I am notoriously bad at self-portraits. I’m just not good at making faces look like the person they are supposed to be. I’ve learned to look at my various attempts as “interpretations” of myself, such as this one from when I was 16 and a smoker:
I deliberately kept it vague so it was more of a representation of me. Then there was the honest attempt I made when I was in an art class at 23:
Which I like even less. You can see I tried, but I was so focused on getting the individual features right that the whole face turned out distorted.
But of course, it’s time to try again. This is my latest attempt, although at 27 I made myself look 40. That’s ok. Sometimes I feel 40 but without the advantage that another 13 years of experiences would bring me.
I had an art teacher once tell me I should steer away from color paintings until I had a better understanding of how to use them. I still don’t understand, and I often have anxiety once the colors start hitting the page. But I like the way this one turned out, at least up close.
Does it look like me? I guess you’ll never know. But the answer is no, not really.
Anxiety…it’s a familiar word for many people. I think most people experience it at one time or another, others are constantly plagued by it. I fall into the second category. I won’t bore you with too many details, but when it comes to being an artist anxiety is an interesting thing. On the one hand, it can serve as powerful inspiration. Some of my favorite works of art were born out of my own anxious thoughts or feelings. But on the other hand, anxiety can prevent a person from performing pretty basic tasks that most people find easy, thus making it difficult to be successful long term.
I always thought I was destined to be a successful artist. Maybe not famous, maybe not full time. But I thought I would make a name for myself at least locally, or apply my skills in some profitable way. Funny that never happened.

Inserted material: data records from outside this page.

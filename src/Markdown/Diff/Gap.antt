-- ===== src/Markdown/Diff/Gap.antt =====
-- Filling a gap of the diff: the pairs that it links lie within the gap and cross no other.
use any.Common.{
  ℕ, zero, suc, ◌-◌, ◌<◌, ◌≤◌, Bool, true, false, ◌||◌, List, [], ◌∷◌, none, some, Bytes, get_elem?,
  leb, if_cases, ◌≡◌, ◌≢◌, refl, ap, ◌∙◌, arith, ◌⊎◌, inl, inr, Bool-cases, Option-cases, All,
}
use any.Markdown.Diff.{
  NewOp, keep, update, insert, Plan, Scoring, link, is_used, is_insert, conflicts, takes_old,
  takes_new, greedy, range_from, leftover_old, leftover_new, both_filled, pair_leftovers,
  candidates, fill_gap,
}
use any.Markdown.Diff.Accepted.{has, takes_old-has, takes_new-has, conflicts-has}
use any.Markdown.Diff.Candidates.{Within, range_from-Within, candidates-InGap}
use any.Markdown.Diff.Links.{
  linked, IsPlanned, Fits, linked-link, linked-link_other, is_used-link_other, link-IsPlanned,
}

-- A gap: the old positions from `old_lo` on and before `old_hi`, and the new ones likewise.
module _ (same : ℕ → ℕ → Bool) (m k old_lo old_hi new_lo new_hi : ℕ) (old_room : old_hi ≤ m)
    (new_room : new_hi ≤ k) where
  abbrev InGap : ℕ → ℕ → Type 0
  InGap o n = (old_lo ≤ o) × (o < old_hi) × (new_lo ≤ n) × (n < new_hi)

  abbrev Outside : ℕ → ℕ → Type 0
  Outside o n = ((n < new_lo) × (o < old_lo)) ⊎ ((new_hi ≤ n) × (old_hi ≤ o))

  -- every link is outside the gap or one of the accepted pairs
  abbrev Known : List (ℕ × ℕ) → Plan → Type 0
  Known acc p = (o n : ℕ) → linked p.new_seq n ≡ some o → Outside o n ⊎ (has acc o n ≡ true)

  Known-Fits :
      (acc : List (ℕ × ℕ)) (p : Plan) (o n : ℕ)
      → IsPlanned same m k p
      → Known acc p
      → InGap o n
      → linked p.new_seq n ≡ none
      → is_used p.old_used o ≡ false
      → conflicts o n acc ≡ false
      → Fits p o n
  Known-Fits acc p o n planned known gap free unused c n' o' l = elim (known o' n' l) [
    | inl out ↦ elim out [ inl (a, b) ↦ inl (omega arith) | inr (a, b) ↦ inr (omega arith) ]
    | inr h ↦
        conflicts-has o n o' n' acc c h
          (λ e. cc (unused, planned.marked n' o' l, ap (is_used p.old_used) e))
          (λ e. cc (free, l, ap (linked p.new_seq) e))
  ]

  -- a pair of the gap whose sides no accepted pair takes is free on both sides
  Known-free :
      (acc : List (ℕ × ℕ)) (p : Plan) (o n : ℕ)
      → Known acc p
      → InGap o n
      → takes_new n acc ≡ false
      → linked p.new_seq n ≡ none
  Known-free acc p o n known gap t = elim (Option-cases (linked p.new_seq n)) [
    | inl e ↦ e
    | inr (o', l) ↦ elim (known o' n l) [
      | inl out ↦ elim out [ inl (a, b) ↦ absurd (omega arith) | inr (a, b) ↦ absurd (omega arith) ]
      | inr h ↦ absurd (takes_new-has n o' n acc t h refl)
    ]
  ]

  Known-unused :
      (acc : List (ℕ × ℕ)) (p : Plan) (o n : ℕ)
      → IsPlanned same m k p
      → Known acc p
      → InGap o n
      → takes_old o acc ≡ false
      → is_used p.old_used o ≡ false
  Known-unused acc p o n planned known gap t = elim (Bool-cases (is_used p.old_used o)) [
    | inr e ↦ e
    | inl e ↦
        let (n', l) = planned.owned o e in
        elim (known o n' l) [
          | inl out ↦ elim out [
            | inl (a, b) ↦ absurd (omega arith)
            | inr (a, b) ↦ absurd (omega arith)
          ]
          | inr h ↦ absurd (takes_old-has o o n' acc t h refl)
        ]
  ]

  -- What filling may do to a plan: it stays a plan, and links only positions of the gap.
  pub record IsFilled (p q : Plan) : Type 0 where
    pub planned : IsPlanned same m k q
    pub framed : (o n : ℕ) → linked q.new_seq n ≡ some o → (linked p.new_seq n ≡ some o) ⊎ InGap o n

  IsFilled-trans : (p q r : Plan) → IsFilled p q → IsFilled q r → IsFilled p r
  IsFilled-trans p q r f g = record {
    planned = g.planned;
    framed = λ o n l. elim (g.framed o n l) [ inl l' ↦ f.framed o n l' | inr b ↦ inr b ];
  }

  module _ (acc : List (ℕ × ℕ)) (p : Plan) (o n : ℕ) (planned : IsPlanned same m k p)
      (known : Known acc p) (gap : InGap o n) (free : linked p.new_seq n ≡ none)
      (unused : is_used p.old_used o ≡ false) (c : conflicts o n acc ≡ false) where
    step_old : o < m
    step_old = omega arith

    step_new : n < k
    step_new = omega arith

    step-IsFilled : IsFilled p (link (update o) o n p)
    step-IsFilled = record {
      planned =
          link-IsPlanned same m k p planned (update o) o n refl step_old step_new free
            (Known-Fits acc p o n planned known gap free unused c) (λ e. cc);
      framed = λ o' n' l.
          elim (linked-link same m k p planned (update o) o n refl step_old step_new n' o' l) [
            | inl (a, b) ↦ inr (omega arith)
            | inr l' ↦ inl l'
          ];
    }

    step-Known : Known ((o, n) ∷ acc) (link (update o) o n p)
    step-Known o' n' l =
        elim (linked-link same m k p planned (update o) o n refl step_old step_new n' o' l) [
          | inl (a, b) ↦ inr (ground arith)
          | inr l' ↦ elim (known o' n' l') [ inl out ↦ inl out | inr h ↦ inr (ground arith) ]
        ]

  abbrev Greedy : Plan → List (ℕ × ℕ) × Plan → Type 0
  Greedy p (acc, q) = IsFilled p q × Known acc q

  greedy-Greedy :
      (pairs acc : List (ℕ × ℕ)) (p : Plan)
      → All (λ (o, n). InGap o n) pairs
      → IsPlanned same m k p
      → Known acc p
      → Greedy p (greedy pairs acc p)
  unfolding greedy
  greedy-Greedy [] acc p gaps planned known =
      (record { planned = planned; framed = λ o n l. inl l }, known)
  greedy-Greedy ((o, n) ∷ pairs) acc p (gap, gaps) planned known =
      if_cases (Greedy p) (takes_old o acc || takes_new n acc) _ _
        (λ _. greedy-Greedy pairs acc p gaps planned known)
        (λ t.
          if_cases (Greedy p) (conflicts o n acc) _ _
            (λ _. greedy-Greedy pairs acc p gaps planned known)
            (λ c.
              let free = Known-free acc p o n known gap (ground arith) in
              let unused = Known-unused acc p o n planned known gap (ground arith) in
              let step = step-IsFilled acc p o n planned known gap free unused c in
              let known' = step-Known acc p o n planned known gap free unused c in
              let q = link (update o) o n p in
              let rest = greedy-Greedy pairs ((o, n) ∷ acc) q gaps step.planned known' in
              (IsFilled-trans p q (greedy pairs ((o, n) ∷ acc) q).1 step rest.0, rest.1)))

  -- ascending old positions of the gap that are not used, and new ones that are not linked
  abbrev SpareOld : Plan → ℕ → List ℕ → Type 0
  SpareOld p lo [] = Unit
  SpareOld p lo (o ∷ os) =
      (lo ≤ o)
      × (old_lo ≤ o)
      × (o < old_hi)
      × (is_used p.old_used o ≡ false)
      × SpareOld p (suc o) os

  abbrev SpareNew : Plan → ℕ → List ℕ → Type 0
  SpareNew p lo [] = Unit
  SpareNew p lo (n ∷ ns) =
      (lo ≤ n) × (new_lo ≤ n) × (n < new_hi) × (linked p.new_seq n ≡ none) × SpareNew p (suc n) ns

  module _ (p : Plan) (o n : ℕ) (planned : IsPlanned same m k p) (gap : InGap o n) where
    spare_old : o < m
    spare_old = omega arith

    spare_new : n < k
    spare_new = omega arith

    SpareOld-link :
        (lo : ℕ) (os : List ℕ) → o < lo → SpareOld p lo os → SpareOld (link (update o) o n p) lo os
    SpareOld-link lo [] h s = tt
    SpareOld-link lo (x ∷ os) h (a, b, c, d, s) =
        let apart : o ≢ x = (λ e. omega arith) in
        (
          a,
          b,
          c,
          is_used-link_other same m k p planned (update o) o n refl spare_old spare_new x apart ∙ d,
          SpareOld-link (suc x) os (omega arith) s,
        )

    SpareNew-link :
        (lo : ℕ) (ns : List ℕ) → n < lo → SpareNew p lo ns → SpareNew (link (update o) o n p) lo ns
    SpareNew-link lo [] h s = tt
    SpareNew-link lo (x ∷ ns) h (a, b, c, d, s) =
        let apart : n ≢ x = (λ e. omega arith) in
        (
          a,
          b,
          c,
          linked-link_other same m k p planned (update o) o n refl spare_old spare_new x apart ∙ d,
          SpareNew-link (suc x) ns (omega arith) s,
        )

  pair_leftovers-IsFilled :
      (old new : List Bytes) (os ns : List ℕ) (i j : ℕ) (acc : List (ℕ × ℕ)) (p : Plan)
      → SpareOld p i os
      → SpareNew p j ns
      → IsPlanned same m k p
      → Known acc p
      → IsFilled p (pair_leftovers old new os ns acc p)
  unfolding pair_leftovers
  pair_leftovers-IsFilled old new [] ns i j acc p s t planned known = record {
    planned = planned;
    framed = λ o n l. inl l;
  }
  pair_leftovers-IsFilled old new (o ∷ os) [] i j acc p s t planned known = record {
    planned = planned;
    framed = λ o n l. inl l;
  }
  pair_leftovers-IsFilled old new (o ∷ os) (n ∷ ns) i j acc p (a, b, c, d, s) (e, f, g, h, t)
        planned known =
      let gap : InGap o n = (b, c, f, g) in
      if_cases (IsFilled p) (both_filled old new (get_elem? old o) (get_elem? new n)) _ _
        (λ _. pair_leftovers-IsFilled old new os ns (suc o) (suc n) acc p s t planned known)
        (λ _.
          if_cases (IsFilled p) (conflicts o n acc) _ _
            (λ _. pair_leftovers-IsFilled old new os ns (suc o) (suc n) acc p s t planned known)
            (λ x.
              let step = step-IsFilled acc p o n planned known gap h d x in
              let q = link (update o) o n p in
              IsFilled-trans p q (pair_leftovers old new os ns ((o, n) ∷ acc) q) step (
                pair_leftovers-IsFilled old new os ns (suc o) (suc n) ((o, n) ∷ acc) q
                  (SpareOld-link p o n planned gap (suc o) os (omega arith) s)
                  (SpareNew-link p o n planned gap (suc n) ns (omega arith) t) step.planned
                  (step-Known acc p o n planned known gap h d x))))

  leftover_old-SpareOld :
      (p : Plan) (lo : ℕ) (os : List ℕ)
      → old_lo ≤ lo
      → Within lo old_hi os
      → SpareOld p lo (leftover_old p.old_used os)
  unfolding leftover_old
  leftover_old-SpareOld p lo [] h w = tt
  leftover_old-SpareOld p lo (o ∷ os) h (a, b, w) =
      let rest = leftover_old-SpareOld p (suc o) os (omega arith) w in
      elim (Bool-cases (is_used p.old_used o)) [
        | inl e ↦ rw e (SpareOld-le p (suc o) lo (leftover_old p.old_used os) (omega arith) rest)
        | inr e ↦ rw e (a, omega arith, b, e, rest)
      ]
    where
      SpareOld-le :
          (p : Plan) (lo lo' : ℕ) (os : List ℕ) → lo' ≤ lo → SpareOld p lo os → SpareOld p lo' os
      SpareOld-le p lo lo' [] h s = tt
      SpareOld-le p lo lo' (o ∷ os) h (a, b, c, d, s) = (omega arith, b, c, d, s)

  leftover_new-SpareNew :
      (p : Plan) (lo : ℕ) (ns : List ℕ)
      → new_lo ≤ lo
      → Within lo new_hi ns
      → SpareNew p lo (leftover_new p.new_seq ns)
  unfolding leftover_new
  leftover_new-SpareNew p lo [] h w = tt
  leftover_new-SpareNew p lo (n ∷ ns) h (a, b, w) =
      let rest = leftover_new-SpareNew p (suc n) ns (omega arith) w in
      elim (Bool-cases (is_insert p.new_seq n)) [
        | inl e ↦ rw e (a, omega arith, b, is_insert-linked p.new_seq n e, rest)
        | inr e ↦ rw e (SpareNew-le p (suc n) lo (leftover_new p.new_seq ns) (omega arith) rest)
      ]
    where
      SpareNew-le :
          (p : Plan) (lo lo' : ℕ) (os : List ℕ) → lo' ≤ lo → SpareNew p lo os → SpareNew p lo' os
      SpareNew-le p lo lo' [] h s = tt
      SpareNew-le p lo lo' (o ∷ os) h (a, b, c, d, s) = (omega arith, b, c, d, s)

      is_insert-linked : (ops : List NewOp) (n : ℕ) → is_insert ops n ≡ true → linked ops n ≡ none
      is_insert-linked [] n h = refl
      is_insert-linked (keep o ∷ ops) zero h = cc
      is_insert-linked (update o ∷ ops) zero h = cc
      is_insert-linked (insert ∷ ops) zero h = refl
      is_insert-linked (op ∷ ops) (suc n) h = is_insert-linked ops n h

  module _ (scoring : Scoring) where
    open scoring use {Score}

    -- Filling a gap outside which all links of a plan lie.
    pub fill_gap-IsFilled :
        (old new : List Bytes) (threshold : Score) (p : Plan)
        → IsPlanned same m k p
        → ((o n : ℕ) → linked p.new_seq n ≡ some o → Outside o n)
        → IsFilled p (fill_gap scoring old new threshold old_lo old_hi new_lo new_hi p)
    unfolding fill_gap
    fill_gap-IsFilled old new threshold p planned outside =
        let os = range_from old_lo (old_hi - old_lo) in
        let ns = range_from new_lo (new_hi - new_lo) in
        if_cases (IsFilled p) (leb old_hi old_lo || leb new_hi new_lo) _ _
          (λ _. record { planned = planned; framed = λ o n l. inl l })
          (λ open_.
            let w : Within old_lo old_hi os =
              range_from-Within old_lo (old_hi - old_lo) old_hi (ground arith) in
            let v : Within new_lo new_hi ns =
              range_from-Within new_lo (new_hi - new_lo) new_hi (ground arith) in
            let found = candidates scoring old new threshold os ns in
            let (filled, known) =
              greedy-Greedy found [] p
                (candidates-InGap old_lo old_hi new_lo new_hi scoring old new threshold os ns w v)
                planned (λ o n l. inl (outside o n l)) in
            let q = (greedy found [] p).1 in
            let acc = (greedy found [] p).0 in
            IsFilled-trans p q
              (pair_leftovers old new (leftover_old q.old_used os) (leftover_new q.new_seq ns) acc
                q)
              filled
              (pair_leftovers-IsFilled old new (leftover_old q.old_used os)
                (leftover_new q.new_seq ns) old_lo new_lo acc q
                (leftover_old-SpareOld q old_lo os (omega arith) w)
                (leftover_new-SpareNew q new_lo ns (omega arith) v) filled.planned known))
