-- ===== src/Markdown/Diff/Lcs.antt =====
-- The anchors of the diff are a longest common subsequence.
use any.Common.{
  ℕ, zero, suc, ◌+◌, ◌<◌, ◌≤◌, Bool, true, false, List, [], ◌∷◌, length, ltb, leb, ◌≡◌, refl, arith,
  Bool-cases, inl, inr,
}
use any.Markdown.Diff.{cell, backtrack, reverse_onto, same_at, lcs_by_hash}

module _ (same : ℕ → ℕ → Bool) where
  -- Pairs of positions that agree, from the last on, before the positions `m` and `n`.
  abbrev pub Descends : ℕ → ℕ → List (ℕ × ℕ) → Type 0
  Descends m n [] = Unit
  Descends m n ((i, j) ∷ out) = (i < m) × (j < n) × (same i j ≡ true) × Descends i j out

  Descends-le :
      (m n m' n' : ℕ) (out : List (ℕ × ℕ)) → m ≤ m' → n ≤ n' → Descends m n out → Descends m' n' out
  Descends-le m n m' n' [] h k d = tt
  Descends-le m n m' n' ((i, j) ∷ out) h k (a, b, c, d) = (omega arith, omega arith, c, d)

  length-backtrack : (i j : ℕ) → length (backtrack same i j) ≡ cell same i j
  unfolding backtrack cell
  length-backtrack zero j = refl
  length-backtrack (suc i) zero = refl
  length-backtrack (suc i) (suc j) =
      ground (arith, length-backtrack i j, length-backtrack i (suc j), length-backtrack (suc i) j)

  backtrack-Descends : (i j : ℕ) → Descends i j (backtrack same i j)
  unfolding backtrack
  backtrack-Descends zero j = tt
  backtrack-Descends (suc i) zero = tt
  backtrack-Descends (suc i) (suc j) = elim (Bool-cases (same i j)) [
    | inl e ↦ rw e (omega arith, omega arith, e, backtrack-Descends i j)
    | inr e ↦ elim (Bool-cases (leb (cell same (suc i) j) (cell same i (suc j)))) [
      | inl k ↦
          rw (e, k)
            (Descends-le i (suc j) (suc i) (suc j) (backtrack same i (suc j)) (omega arith)
              (omega arith) (backtrack-Descends i (suc j)))
      | inr k ↦
          rw (e, k)
            (Descends-le (suc i) j (suc i) (suc j) (backtrack same (suc i) j) (omega arith)
              (omega arith) (backtrack-Descends (suc i) j))
    ]
  ]

  cell_bounds :
      (i j : ℕ)
      → same i j ≡ false
      → (cell same i (suc j) ≤ cell same (suc i) (suc j))
        × (cell same (suc i) j ≤ cell same (suc i) (suc j))
  unfolding cell
  cell_bounds i j e = ground arith

  cell_same : (i j : ℕ) → same i j ≡ true → cell same (suc i) (suc j) ≡ cell same i j + 1
  unfolding cell
  cell_same i j e = rw e

  -- No common subsequence is longer than the cell says.
  length-le-cell : (m n : ℕ) (out : List (ℕ × ℕ)) → Descends m n out → length out ≤ cell same m n
  length-le-cell m n [] d = omega arith
  length-le-cell zero n ((i, j) ∷ out) (a, b, c, d) = absurd (omega arith)
  length-le-cell (suc m) zero ((i, j) ∷ out) (a, b, c, d) = absurd (omega arith)
  length-le-cell (suc m) (suc n) ((i, j) ∷ out) (a, b, c, d) = elim (Bool-cases (same m n)) [
    | inl e ↦ omega (
      arith,
      cell_same m n e,
      length-le-cell m n out (Descends-le i j m n out (omega arith) (omega arith) d),
    )
    | inr e ↦ elim (Bool-cases (ltb i m)) [
      | inl k ↦ omega (
        arith,
        (cell_bounds m n e).0,
        length-le-cell m (suc n) ((i, j) ∷ out) (ground arith, b, c, d),
      )
      | inr k ↦
          let here : i ≡ m = ground arith in
          elim (Bool-cases (ltb j n)) [
            | inl l ↦ omega (
              arith,
              (cell_bounds m n e).1,
              length-le-cell (suc m) n ((i, j) ∷ out) (a, ground arith, c, d),
            )
            | inr l ↦ let there : j ≡ n = ground arith in cc (rw (here, there) at c)
          ]
    ]
  ]

  -- Pairs of positions that agree, in ascending order, from the positions `lo_i` and `lo_j` on and
  -- before `m` and `n`.
  abbrev pub Ascends : ℕ → ℕ → ℕ → ℕ → List (ℕ × ℕ) → Type 0
  Ascends lo_i lo_j m n [] = Unit
  Ascends lo_i lo_j m n ((i, j) ∷ out) =
      (lo_i ≤ i)
      × (lo_j ≤ j)
      × (i < m)
      × (j < n)
      × (same i j ≡ true)
      × Ascends (suc i) (suc j) m n out

  pub Ascends-le :
      (i j i' j' m n : ℕ) (out : List (ℕ × ℕ))
      → i' ≤ i
      → j' ≤ j
      → Ascends i j m n out
      → Ascends i' j' m n out
  Ascends-le i j i' j' m n [] h k a = tt
  Ascends-le i j i' j' m n ((x, y) ∷ out) h k (p, q, r, s, e, a) =
      (omega arith, omega arith, r, s, e, a)

  Ascends-reverse_onto :
      (i j m n : ℕ) (out acc : List (ℕ × ℕ))
      → Descends i j out
      → i ≤ m
      → j ≤ n
      → Ascends i j m n acc
      → Ascends 0 0 m n (reverse_onto out acc)
  unfolding reverse_onto
  Ascends-reverse_onto i j m n [] acc d h k a =
      Ascends-le i j 0 0 m n acc (omega arith) (omega arith) a
  Ascends-reverse_onto i j m n ((x, y) ∷ out) acc (p, q, s, d) h k a =
      Ascends-reverse_onto x y m n out ((x, y) ∷ acc) d (omega arith) (omega arith) (
        omega arith,
        omega arith,
        omega arith,
        omega arith,
        s,
        Ascends-le i j (suc x) (suc y) m n acc (omega arith) (omega arith) a,
      )

  length-reverse_onto :
      (out acc : List (ℕ × ℕ)) → length (reverse_onto out acc) ≡ length out + length acc
  unfolding reverse_onto
  length-reverse_onto [] acc = omega arith
  length-reverse_onto (x ∷ out) acc = omega (arith, length-reverse_onto out (x ∷ acc))

  Descends-reverse_onto :
      (i j m n : ℕ) (out acc : List (ℕ × ℕ))
      → Ascends i j m n out
      → Descends i j acc
      → i ≤ m
      → j ≤ n
      → Descends m n (reverse_onto out acc)
  unfolding reverse_onto
  Descends-reverse_onto i j m n [] acc a d h k = Descends-le i j m n acc h k d
  Descends-reverse_onto i j m n ((x, y) ∷ out) acc (p, q, r, s, e, a) d h k =
      Descends-reverse_onto (suc x) (suc y) m n out ((x, y) ∷ acc) a
        (omega arith, omega arith, e, Descends-le i j x y acc (omega arith) (omega arith) d)
        (omega arith) (omega arith)

-- The anchors of lcsByHash are pairs of positions with equal hashes, ascending on both sides, and there
-- are no more such pairs in any other ascending sequence.
pub lcs_by_hash-IsLongest :
    (a b : List ℕ)
    → Ascends (same_at a b) 0 0 (length a) (length b) (lcs_by_hash a b)
      × ((other : List (ℕ × ℕ))
          → Ascends (same_at a b) 0 0 (length a) (length b) other
          → length other ≤ length (lcs_by_hash a b))
unfolding lcs_by_hash
lcs_by_hash-IsLongest a b =
    let same = same_at a b in
    let m = length a in
    let n = length b in
    let found = backtrack same m n in
    (
      Ascends-reverse_onto same m n m n found [] (backtrack-Descends same m n) (omega arith)
          (omega arith) tt,
      λ other h. omega (
        arith,
        length-reverse_onto same found [],
        length-backtrack same m n,
        length-reverse_onto same other [],
        length-le-cell same m n (reverse_onto other [])
            (Descends-reverse_onto same 0 0 m n other [] h tt (omega arith) (omega arith)),
      ),
    )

I think part of my problem is I can’t perform well if I’m feeling pressured to please other people. When I was in school I would occasionally get a request for a drawing or something like that and for whatever reason I just couldn’t do it. I remember being a teenager and my school bus driver asked if I would draw her a picture of a tree so she could make it into a family tree. I happily agreed. Then the anxiety set it.
What kind of tree was she looking for? How big? Using what materials? Color or black and white? Realistic or stylistic? These are some of the questions I had spinning in my mind. I could have asked her but I never did. Instead I got on that bus every day for the rest of the school year empty-handed and feeling guilty. Each time I sat down to draw that tree I decided I was doing something wrong, this couldn’t be what she wanted.
It was just a tree. And yet it defeated me.
I never considered myself a perfectionist, seeing as my life has always been “in shambles” so to speak. I have never been able to keep my living space clean, I got poor grades in school, and my artwork has always been pretty sloppy. In retrospect, however, I’ve accepted the fact that some of these failures stemmed from a desire to be perfect in a way that is not achievable. At least not for me.
I tend to put off cleaning up after myself because I am very particular about how things get put away. I like for every object to have its own home, preferably labelled, and placed neatly there. This is rather time consuming, and as a result my belongings tend to hang out wherever I drop them until that magical day when I will have the time to create the perfect space for them…you see where this is going?
In school, I often gave up on assignments if I couldn’t get them just right, preferring to take a zero rather than reveal to my teacher the sub-par-whatever-it-was that I came up with. It doesn’t make much sense when you actually think about it.
And then of course there is the artwork. I already said it’s usually pretty sloppy. This is because I get frustrated when things don’t go the way I wanted them to go, and then I end up rushing through the rest and giving up. Or just not starting at all. Frustration.
So I am learning to let go of perfection. I keep telling myself it’s ok if I make a mistake, and it’s ok if I’m not using the top quality materials, or if I’m using the “right” techniques or the “right” brushes or whatever…the truth is, I don’t really know what the hell I’m doing most of the time. I just don’t care anymore.
This is a painting I did a while ago and recently updated. The original was a spray painted design that was meant to be abstract and reminiscent of outer space. Recently I decided that I hated it. It was the start of something I never finished.
The updated version is a little better, but now it contains ghostly figures rising. Where are they going? That’s a good question. Maybe nowhere. But at least they appear to be moving, and that’s a start. Now instead of a page I’d say I have a chapter…someday I’ll finish the book.
This painting started out as a bland, fearful attempt to be creative. I painted it over ten years ago, and I recall even after I finished feeling like what was the point of that?
I was anxious and I was always trying too hard to be something. Anything. Instead of just allowing myself to be. I was always focused on the end result instead of just enjoying the process. This sad canvas board is a snapshot in time of that artificial lifestyle.
I recently updated it, mainly so I do not have to look at it anymore. It’s funny how rusty my painting skills are, and the end result is something I once would have beat myself up for. But this time at least I know it was painted more honestly and with less fear. So that’s something.